◆ DIRECTIONS
Copy out exactly the lines from the line containing "panel = put_line" to the end of the listing.

◆ SUPPLIED RECORDS

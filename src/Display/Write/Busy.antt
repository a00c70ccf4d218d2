-- ===== src/Display/Write/Busy.antt =====
-- What becomes of `displaybusy` after a text that does not fit.
use ri_mms_linux.Prelude.{
  ℕ, ◌+◌, ◌≤◌, ◌<◌, ◌≡◌, ◌≢◌, refl, arith, Bool, true, false, [], List, length, ltb,
}
use ri_mms_linux.Prelude.Int.{ℤ, pos, negsuc}
use ri_mms_linux.Display.Gest.{Display, clear_line}
use ri_mms_linux.Display.Write.{
  get_keyb_status, Meets, returns, line_at, put_line, write_taken, write_display,
}

write_display-busy :
    (meets : Meets) (x y : ℕ) (str text : List ℕ) (d : Display)
    → meets.freed ≡ false
    → d.displaybusy ≡ true
    → (code : ℤ) × (write_display meets x y str text d ≡ returns code [] d) × (code ≢ pos 0)
unfolding write_display
write_display-busy meets x y str text d kept busy =
    by_tests (get_keyb_status meets.keyboard) (ltb 16 (length str)) refl refl
  where
    by_tests :
        (menu long : Bool)
        → get_keyb_status meets.keyboard ≡ menu
        → ltb 16 (length str) ≡ long
        → (code : ℤ) × (write_display meets x y str text d ≡ returns code [] d) × (code ≢ pos 0)
    by_tests true long e e' = (pos 1, rw e refl, λ h. cc)
    by_tests false true e e' = (negsuc 0, rw e (rw e' refl), λ h. cc)
    by_tests false false e e' = (negsuc 0, ground (arith, e, e', kept, busy), λ h. cc)

-- A call with a text that does not fit on its line returns -1 and leaves `displaybusy` set; while
-- it is set and no other thread clears it, any further call returns something other than 0, sends
-- nothing and changes nothing.
pub write_display_stuck :
    (meets meets' : Meets) (x y x' y' : ℕ) (str text str' text' : List ℕ) (d : Display)
    → get_keyb_status meets.keyboard ≡ false
    → d.displaybusy ≡ false
    → length str ≤ 16
    → y ≤ 1
    → length text ≤ 34
    → 16 < length text + x
    → meets'.freed ≡ false
    → (d' : Display) × (write_display meets x y str text d ≡ returns (negsuc 0) [] d')
      × (code : ℤ) × (write_display meets' x' y' str' text' d' ≡ returns code [] d')
      × (code ≢ pos 0)
unfolding write_display write_taken
write_display_stuck meets meets' x y x' y' str text str' text' d no_menu not_busy short low fits
      long kept =
    let short' : ltb 16 (length str) ≡ false = ground (arith, short) in
    let low' : ltb 1 y ≡ false = ground (arith, low) in
    let fits' : ltb 34 (length text) ≡ false = ground (arith, fits) in
    let long' : ltb 16 (length text + x) ≡ true = ground (arith, long) in
    let d' : Display = record d {
      panel = put_line y (clear_line (line_at y d.panel)) d.panel;
      displaybusy = true;
    } in
    let (code, same, failed) = write_display-busy meets' x' y' str' text' d' kept refl in
    (
      d',
      rw no_menu (rw short' (rw not_busy (rw low' (rw fits' (rw long' refl))))),
      code,
      same,
      failed,
    )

◆ OUTPUT
      panel = put_line y (clear_line (line_at y d.panel)) d.panel;
      displaybusy = true;
    } in
    let (code, same, failed) = write_display-busy meets' x' y' str' text' d' kept refl in
    (
      d',
      rw no_menu (rw short' (rw not_busy (rw low' (rw fits' (rw long' refl))))),
      code,
      same,
      failed,
    )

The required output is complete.